Task
In the listing that follows, the range to quote begins at the line that has "given-some (some a) h = (a, refl)" and ends after the line that has "pub data Errno : Type 0 where"; quote it verbatim and add nothing.

Provided records
------------------------------

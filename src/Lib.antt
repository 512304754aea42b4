-- ===== src/Lib.antt =====
-- libsocket: BSD sockets for DJGPP programs.
--
-- The library has a socket layer, which the program calls and which checks arguments and the state
-- of a descriptor, and interfaces (src/wsock, src/csock, src/unix), each a table of functions that
-- reach a network. Beside the layer stands a resolver from the BSD sources (src/inet).
--
-- Parts and files:
--
-- Base: the names that all parts share. Base/Lists has the byte buffers, with `memcpy` and `bzero`,
-- which are `none` beyond a buffer's end. Base/State has the state monad `M`, in which `none` stands
-- for an access that C leaves undefined (a null or freed pointer, a copy beyond a buffer). Base/Int
-- has the C `int`.
--
-- Layer: the socket layer of src/*.c.
--   Types, Interface: LSCK_SOCKET and LSCK_IF of include/lsck/if.h, and the error numbers. A call of
--   an interface reads and writes one descriptor, `errno` and an environment, and always returns.
--   World: the global state (`__lsck_socket[]`, the interfaces, `errno`, a heap of descriptors), the C
--   library's FSEXT functions as the parameter `Sys`, and the lookup of a descriptor, in src/socket.c
--   and src/fsext.c. `on_socket` is the beginning that most functions share.
--   Bind: src/bind.c, src/listen.c. Connect: src/connct.c. Transfer: src/send.c, src/recv.c and
--   src/select.c. Names: src/gscknm.c, src/gprnm.c. Options: src/shtdwn.c, src/sckopt.c, src/fcntl.c.
--   Close: src/close.c. Init: src/initnt.c. Create: src/socket.c. Accept: src/accept.c.
--   Fsext: the handler of src/fsext.c by which read, write and close reach a socket.
--   A function `f_body` works on the descriptor and the interface alone; `f` is the public function.
--   Sound: what the layer relies on in an interface (`IsHonest`), the invariant of one descriptor
--   (`IsSound`) and of the whole state (`IsWellFormed`). Keep: the functions and these invariants.
--   Laws: the functions branch by branch, and one call behind another.
--   Tests, Witnesses: a small network, and the theorems applied on it.
--
-- Dns: src/inet/r_comp.c on a list of bytes; a pointer is an offset from the message's start. Expand
-- has `dn_expand` and `__dn_skipname`, whose proofs stand in Expand/Bounds and Expand/Skip. Compress has
-- `dn_comp` and `dn_find`, with what is written for a name (Compress/Wire) and what `dn_expand` makes of
-- it (Compress/RoundTrip). Numbers has `_getshort`, `_getlong`, `__putshort` and `__putlong`.
--
-- Unix: the interface of src/unix/u_*.c, over mailslots. Types has LSCK_SOCKET_UNIX, the constants of
-- src/unix/unix.h and the C library's file functions, which the mailslots of src/unix/mailslot.c (taken
-- from another library) serve: they are the parameter `Files`. Message has the header of a message as
-- bytes. Open: u_socket.c, u_bind.c. Handshake: u_connct.c. Accept: u_accept.c. Pair: u_sockpr.c.
-- Send, Recv: the stream functions of u_send.c and u_recv.c. Dgram: their datagram functions. Close:
-- u_close.c. Names: u_gscknm.c, u_gprnm.c, u_listen.c, u_shtdwn.c, u_sckopt.c and the checks of
-- u_initnt.c. Control: u_select.c, u_fcntl.c, u_ioctl.c and the choice by the type of a socket. The
-- state `Unix` is one descriptor with the data behind `idata`, the static buffer of the receiver,
-- `errno` and the library's state. Stream has the abstract view: `Carries` says which bytes a sequence
-- of messages carries, and `IsMailslot` what both ends rely on. Datagrams follows a datagram from
-- `send_dgram` to `recv_dgram`. Layer/Reach has the layer as a step relation over those
-- public functions that neither create nor close sockets.
--
-- Csock: the interface of src/csock/c_*.c, over the driver SOCK.VXD, which the sources call by registers
-- and which is the parameter `Driver`. Errors: c_errors.c. Descriptors: c_socket.c, c_close.c. Calls:
-- c_bind.c, c_listen.c, c_connct.c, c_shtdwn.c, c_sockpr.c, c_select.c, c_ioctl.c, c_fcntl.c,
-- c_nblkio.c and the checks of c_initnt.c. Names: c_gscknm.c, c_gprnm.c, c_sckopt.c. Transfer:
-- c_send.c, c_recv.c, c_accept.c. Outcomes: how they answer the driver's errors.
-- Table has them as a table of the layer, c_initnt.c, and Honest has that it meets what the layer
-- relies on in an interface.
--
-- Wsock: the interface of src/wsock/w_*.c, over the driver WSOCK.VXD, which the sources call through a
-- buffer of parameters and which is the parameter `Driver`, by command. Errors: w_errors.c. Types: the
-- parameters of wsockvxd.h and callvxd.c. Calls: w_listen.c, w_shtdwn.c, w_close.c, w_bind.c,
-- w_sockpr.c, w_gscknm.c, w_gprnm.c, w_ioctl.c, w_fcntl.c and the checks of w_initnt.c. Select:
-- w_select.c, w_nblkio.c. Transfer: w_send.c, w_recv.c, w_connct.c, w_accept.c. Options: w_sckopt.c,
-- w_socket.c. The loop of `__wsock_select_wait` has fuel; `IsReliable` says what of the driver makes it
-- enough.
--
-- Config: Profile is src/ini.c, with what a line shows (Profile/Shapes) and the sections and keys of a
-- file as the abstract view (Profile/Lookup). Files: src/config.c. Address: src/addr.c. Servers:
-- src/dnsaddr.c. Hosts: src/hstnm.c, over the names in all of these. A file is the list of the texts that
-- `fgets` gives, and Laws has what the functions make of it; on a blank line the code leaves its
-- buffer, and the functions are `none`; MAXGETHOSTNAME and PATH_MAX are arguments.
--
-- Vector: src/readv.c and src/writev.c, over the C library's `malloc`, `read` and `write`; Scatter and
-- Joined see the vectors as one run of bytes. IfIndex: src/if.c.
--
-- Inet: addresses as texts and numbers. Text: src/inet/i_addr.c and src/inet/i_ntoa.c.
-- Network: src/inet/i_net.c. Class: src/inet/i_netof.c, src/inet/i_lnaof.c and src/inet/i_mkaddr.c.
-- Order has the C library's `htonl`. `u_long` has 32 bits, and texts hold no 0 before their end.
--
-- Bounds and fuel: the table has 256 entries, and names 110 bytes with their padding, as in the
-- headers. `expand_fuel` is (eom + 1) ^ 2 + 1 for a message of eom bytes: each pointer raises the
-- count of checked bytes, which stays below eom, and between two pointers a name only moves forward.
-- `__dn_skipname` moves forward in each round, and has one round for each byte that is left.
--
-- The sending loop of a stream has a turn for each byte and one more; the receiving loop has no bound of
-- its own, and its fuel is an argument: a message with bytes ends it in one turn, also one that is not for the
-- socket, since the count of `read` stays in `ret`. The loop of
-- __csock_socket has its 31 descriptors; the waiting for a connection in __csock_accept and in
-- __csock_select_wait is bounded by an argument. A `long` is its 32 bits, MAXINT is 2 ^ 31 - 1.
--
-- What C leaves open is a parameter: the interfaces and the C library's functions, and the contents
-- of local buffers (`buf` of `bind`, `scratch` of `getsockopt`). The stored bytes of `int`s are taken
-- to be four, the low one first. In `__lsck_init` the debug options, its messages and the version
-- strings are left out, since they do not touch sockets. Of the FSEXT handler, ioctl and fstat are left
-- out. In src/unix, __unix_init is left
-- out, and the `bind` that connect and send_dgram call on their own descriptor is an argument. Not
-- modelled: __wsock_init and the loading of WSOCK.VXD; __csock_init; the resolver's queries and
-- databases; the registry; the demos and tools.
pub mod Base
pub mod Layer
pub mod Dns
pub mod Inet
pub mod Unix
pub mod Vector
pub mod IfIndex
pub mod Csock
pub mod Wsock
pub mod Config
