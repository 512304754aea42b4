-- ===== src/Base/State.antt =====
-- Calls that read and write a state. `none` is an access that C leaves undefined.
use libsocket.Base.Tests.{is_given, if◌then◌else◌}
use mathlib.Core.Bool.{Bool, true, false}
use mathlib.Core.Option.{Option, none, some}
use mathlib.Core.Path.{◌≡◌, refl}

abbrev pub M {ℓ} : Type ℓ → Type ℓ → Type ℓ
M S A = S → Option (A × S)

infixl 5 ◌>>=◌ ◌>>◌
abbrev pub ◌>>=◌ {ℓ} : {S A B : Type ℓ} → M S A → (A → M S B) → M S B
◌>>=◌ m f s = elim (m s) [ none ↦ none | some (a, s') ↦ f a s' ]

abbrev pub ◌>>◌ {ℓ} : {S A B : Type ℓ} → M S A → M S B → M S B
m >> k = m >>= λ _. k

abbrev pub return {ℓ} : {S A : Type ℓ} → A → M S A
return a s = some (a, s)

abbrev pub fault {ℓ} : {S A : Type ℓ} → M S A
fault s = none

-- The call returns, and its result and new state meet `P`.
abbrev pub Returns {ℓ} : {S A : Type ℓ} → Option (A × S) → (A → S → Type 0) → Type 0
Returns none P = ⊥
Returns (some (a, s)) P = P a s

module _ {ℓ} {S A : Type ℓ} where
  pub Returns-mono :
      (o : Option (A × S)) (P Q : A → S → Type 0)
      → Returns o P
      → ((a : A) (s : S) → P a s → Q a s)
      → Returns o Q
  Returns-mono none P Q h f = h
  Returns-mono (some (a, s)) P Q h f = f a s h

  -- A second call behind a first.
  pub Returns->>= {κ} :
      {B T : Type κ} (o : Option (A × S)) (f : A → S → Option (B × T)) (P : A → S → Type 0)
      (Q : B → T → Type 0)
      → Returns o P
      → ((a : A) (s : S) → P a s → Returns (f a s) Q)
      → Returns (elim o [ none ↦ none | some (a, s) ↦ f a s ]) Q
  Returns->>= none f P Q h k = h
  Returns->>= (some (a, s)) f P Q h k = k a s h

pub given-some {ℓ} : {A : Type ℓ} (o : Option A) → is_given o ≡ true → (a : A) × (o ≡ some a)
given-some none h = cc
given-some (some a) h = (a, refl)

module _ {ℓ} {A S : Type ℓ} where
  pub if-Returns :
      (b : Bool) (x y : Option (A × S)) (R : A → S → Type 0)
      → (b ≡ true → Returns x R)
      → (b ≡ false → Returns y R)
      → Returns (if b then x else y) R
  if-Returns true x y R h k = h refl
  if-Returns false x y R h k = k refl

pub elim-Returns {ℓ κ} :
    {T : Type κ} {A S : Type ℓ} (o : Option T) (x : Option (A × S)) (g : T → Option (A × S))
    (R : A → S → Type 0)
    → (o ≡ none → Returns x R)
    → ((t : T) → o ≡ some t → Returns (g t) R)
    → Returns (elim o [ none ↦ x | some t ↦ g t ]) R
elim-Returns none x g R n s = n refl
elim-Returns (some t) x g R n s = s t refl

-- The branch that is taken, where it is known.
pub given-Returns {ℓ κ} :
    {T : Type κ} {A S : Type ℓ} (o : Option T) (t : T) (g : T → Option (A × S)) (R : A → S → Type 0)
    → o ≡ some t
    → Returns (g t) R
    → Returns (elim o [ none ↦ none | some x ↦ g x ]) R
given-Returns o t g R e h = rw e h

pub passes-Returns {ℓ} :
    {A S : Type ℓ} (b : Bool) (x y : Option (A × S)) (R : A → S → Type 0)
    → b ≡ false
    → Returns y R
    → Returns (if b then x else y) R
passes-Returns b x y R e h = rw e h
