-- ===== src/Config.antt =====
-- The configuration of src/: the reader of .ini files, and what is read from the configuration file.
pub mod Profile
pub mod Files
pub mod Address
pub mod Servers
pub mod Hosts
pub mod Laws
mod Witnesses
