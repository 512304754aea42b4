-- ===== src/Layer/Types.antt =====
-- Error numbers, constants and the socket descriptor: include/lsck/errno.h,
-- include/sys/socket.h and the LSCK_SOCKET of include/lsck/if.h.
use libsocket.Base.{ℕ, ◌+◌, ◌*◌, Bool, true, false, Option, List, ◌∷◌}
use libsocket.Base.Int.{ℤ}

-- The error numbers that the layer sets or tests; `other` is any number that an interface or the
-- C library may set besides. EWOULDBLOCK is EAGAIN.
pub data Errno : Type 0 where
  eagain ebadf efault einval emfile enfile enodev enomem eperm epipe espipe : Errno
  enobufs eisconn enotconn eopnotsupp eafnosupport eprotonosupport edestaddrreq : Errno
  enoprotoopt ealready einprogress enametoolong eacces eio enetunreach : Errno
  econnrefused econnreset enotsock ebusy eaddrinuse etimedout ehostunreach : Errno
  eintr emsgsize eprototype esocktnosupport epfnosupport eaddrnotavail enetdown enetreset : Errno
  econnaborted eshutdown etoomanyrefs eloop ehostdown enotempty eusers edquot : Errno
  estale eremote : Errno
  other : ℕ → Errno

abbrev pub is_ewouldblock : Errno → Bool
is_ewouldblock eagain = true
is_ewouldblock _ = false

abbrev pub sock_stream : ℕ
sock_stream = 1

abbrev pub sock_dgram : ℕ
sock_dgram = 2

abbrev pub sock_raw : ℕ
sock_raw = 3

abbrev pub af_inet : ℕ
af_inet = 2

abbrev pub ipproto_tcp : ℕ
ipproto_tcp = 6

abbrev pub ipproto_udp : ℕ
ipproto_udp = 17

-- sizeof (struct sockaddr), and sizeof (struct sockaddr_un) of include/sys/un.h.
abbrev pub sockaddr_common_size : ℕ
sockaddr_common_size = 16

abbrev pub sockaddr_max_size : ℕ
sockaddr_max_size = 110

-- The `sa_family` of an address in memory: its first two bytes, the low one first.
abbrev pub sa_family : List ℕ → ℕ
sa_family (lo ∷ (hi ∷ rest)) = lo + 256 * hi
sa_family _ = 0

-- LSCK_SOCKET; `error` is its field `errno`. `sockname` and `peername` are the address with its padding, as bytes; the
-- `interface` is the address of an interface's table, and `idata` the interface's own data.
pub record Socket : Type 0 where
  pub fd : ℤ
  pub family : ℕ
  pub type : ℕ
  pub protocol : ℕ
  pub error : ℤ
  pub sockname : List ℕ
  pub socknamelen : ℕ
  pub peername : List ℕ
  pub peernamelen : ℕ
  pub bound : Bool
  pub accepted : Bool
  pub connected : Bool
  pub connecting : Bool
  pub blocking : Bool
  pub outbound : Bool
  pub inbound : Bool
  pub listening : Bool
  pub backlog : ℤ
  pub send_timeout : ℤ
  pub recv_timeout : ℤ
  pub urgent_pid : ℤ
  pub interface : Option ℕ
  pub idata : Option ℕ
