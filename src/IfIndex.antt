-- ===== src/IfIndex.antt =====
-- src/if.c: the names and the numbers of the interfaces.
mod Witnesses
pub mod RoundTrip
use libsocket.Base.{
  ℕ, zero, suc, ◌+◌, ◌&&◌, ◌==◌, Bool, true, false, if◌then◌else◌, Option, none, some, List, [],
  ◌∷◌, M, ltb, length,
}
use libsocket.Base.Int.{ℤ, pos, negsuc, minus_one}
use libsocket.Layer.Types.{Errno, efault, other}

-- `struct if_nameindex`; a name is kept up to its NUL.
pub record NameIndex : Type 0 where
  pub if_index : ℕ
  pub if_name : List ℕ

-- The static list up to its null, whether it has been built, the names of `__lsck_interface[]`,
-- where an entry may be null, and `errno`.
pub record Names : Type 0 where
  pub built_if_nameindex : Bool
  pub if_nameindex : List NameIndex
  pub interfaces : List (Option (List ℕ))
  pub errno : Errno

-- The entries that are not null, numbered from `count + 1` on.
unfoldable pub number_names : ℕ → List (Option (List ℕ)) → List NameIndex
number_names count [] = []
number_names count (none ∷ is) = number_names count is
number_names count (some name ∷ is) =
    record { if_index = 1 + count; if_name = name } ∷ number_names (1 + count) is

-- `none` is a write beyond `__lsck_if_nameindex[LSCK_MAX_IF + 1]`, whose eight entries hold seven
-- interfaces and the end.
unfoldable pub build_if_nameindex : Names → Option Names
unfolding number_names
build_if_nameindex s =
    if s.built_if_nameindex
    then some s
    else if ltb 7 (length (number_names 0 s.interfaces))
    then none
    else some (record s { built_if_nameindex = true; if_nameindex = number_names 0 s.interfaces })

-- `strcmp (a, b) == 0`.
abbrev pub same_name : List ℕ → List ℕ → Bool
same_name [] [] = true
same_name (x ∷ xs) (y ∷ ys) = x == y && same_name xs ys
same_name xs ys = false

unfoldable pub index_of : List ℕ → List NameIndex → ℕ
index_of name [] = 0
index_of name (e ∷ es) = if same_name e.if_name name then e.if_index else index_of name es

-- The loop ends at an index of 0.
unfoldable pub name_of : ℕ → List NameIndex → Option (List ℕ)
name_of n [] = none
name_of n (e ∷ es) =
    if e.if_index == 0 then none else if e.if_index == n then some e.if_name else name_of n es

-- The result is an `unsigned int`: -1 is 2 ^ 32 - 1.
unfoldable pub if_nametoindex : Option (List ℕ) → M Names ℕ
unfolding build_if_nameindex index_of
if_nametoindex none s = some (4294967295, record s { errno = efault })
if_nametoindex (some name) s = elim (build_if_nameindex s) [
  | none ↦ none
  | some s' ↦ some (index_of name s'.if_nameindex, s')
]

-- The name, for the caller's buffer of IFNAMSIZ bytes; `enxio` is the error's number.
unfoldable pub if_indextoname : ℕ → ℕ → M Names (Option (List ℕ))
unfolding build_if_nameindex name_of
if_indextoname enxio n s = elim (build_if_nameindex s) [
  | none ↦ none
  | some s' ↦ elim (name_of n s'.if_nameindex) [
    | none ↦ some (none, record s' { errno = other enxio })
    | some name ↦ some (some name, s')
  ]
]

unfoldable pub if_nameindex_list : M Names (List NameIndex)
unfolding build_if_nameindex
if_nameindex_list s = elim (build_if_nameindex s) [
  | none ↦ none
  | some s' ↦ some (s'.if_nameindex, s')
]
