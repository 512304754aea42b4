-- ===== src/Inet/Order.antt =====
-- The C library's `htonl` and `ntohl`, which include/netinet/in.h declares. The machine stores the low
-- byte of a number first, the network the high byte.
use libsocket.Base.{ℕ, ◌+◌, ◌*◌, ◌/◌, ◌%◌, ◌<◌, ◌^◌, ◌≡◌, arith}

unfoldable pub htonl : ℕ → ℕ
htonl n = n % 256 * 16777216 + n / 256 % 256 * 65536 + n / 65536 % 256 * 256 + n / 16777216 % 256

unfoldable pub ntohl : ℕ → ℕ
unfolding htonl
ntohl n = htonl n

pub htonl-ntohl : (n : ℕ) → n < 2 ^ 32 → htonl (ntohl n) ≡ n
unfolding htonl ntohl
htonl-ntohl n h = omega arith

pub ntohl-lt : (n : ℕ) → ntohl n < 2 ^ 32
unfolding htonl ntohl
ntohl-lt n = omega arith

------------------------------

Response to this exercise
given-some (some a) h = (a, refl)

module _ {ℓ} {A S : Type ℓ} where
  pub if-Returns :
      (b : Bool) (x y : Option (A × S)) (R : A → S → Type 0)
      → (b ≡ true → Returns x R)
      → (b ≡ false → Returns y R)
      → Returns (if b then x else y) R
  if-Returns true x y R h k = h refl
  if-Returns false x y R h k = k refl

pub elim-Returns {ℓ κ} :
    {T : Type κ} {A S : Type ℓ} (o : Option T) (x : Option (A × S)) (g : T → Option (A × S))
    (R : A → S → Type 0)
    → (o ≡ none → Returns x R)
    → ((t : T) → o ≡ some t → Returns (g t) R)
    → Returns (elim o [ none ↦ x | some t ↦ g t ]) R
elim-Returns none x g R n s = n refl
elim-Returns (some t) x g R n s = s t refl

-- The branch that is taken, where it is known.
pub given-Returns {ℓ κ} :
    {T : Type κ} {A S : Type ℓ} (o : Option T) (t : T) (g : T → Option (A × S)) (R : A → S → Type 0)
    → o ≡ some t
    → Returns (g t) R
    → Returns (elim o [ none ↦ none | some x ↦ g x ]) R
given-Returns o t g R e h = rw e h

pub passes-Returns {ℓ} :
    {A S : Type ℓ} (b : Bool) (x y : Option (A × S)) (R : A → S → Type 0)
    → b ≡ false
    → Returns y R
    → Returns (if b then x else y) R
passes-Returns b x y R e h = rw e h
-- ===== src/Config.antt =====
-- The configuration of src/: the reader of .ini files, and what is read from the configuration file.
pub mod Profile
pub mod Files
pub mod Address
pub mod Servers
pub mod Hosts
pub mod Laws
mod Witnesses
repository 512304754aea42b4
-- ===== src/Layer/Types.antt =====
-- Error numbers, constants and the socket descriptor: include/lsck/errno.h,
-- include/sys/socket.h and the LSCK_SOCKET of include/lsck/if.h.
use libsocket.Base.{ℕ, ◌+◌, ◌*◌, Bool, true, false, Option, List, ◌∷◌}
use libsocket.Base.Int.{ℤ}

-- The error numbers that the layer sets or tests; `other` is any number that an interface or the
-- C library may set besides. EWOULDBLOCK is EAGAIN.
pub data Errno : Type 0 where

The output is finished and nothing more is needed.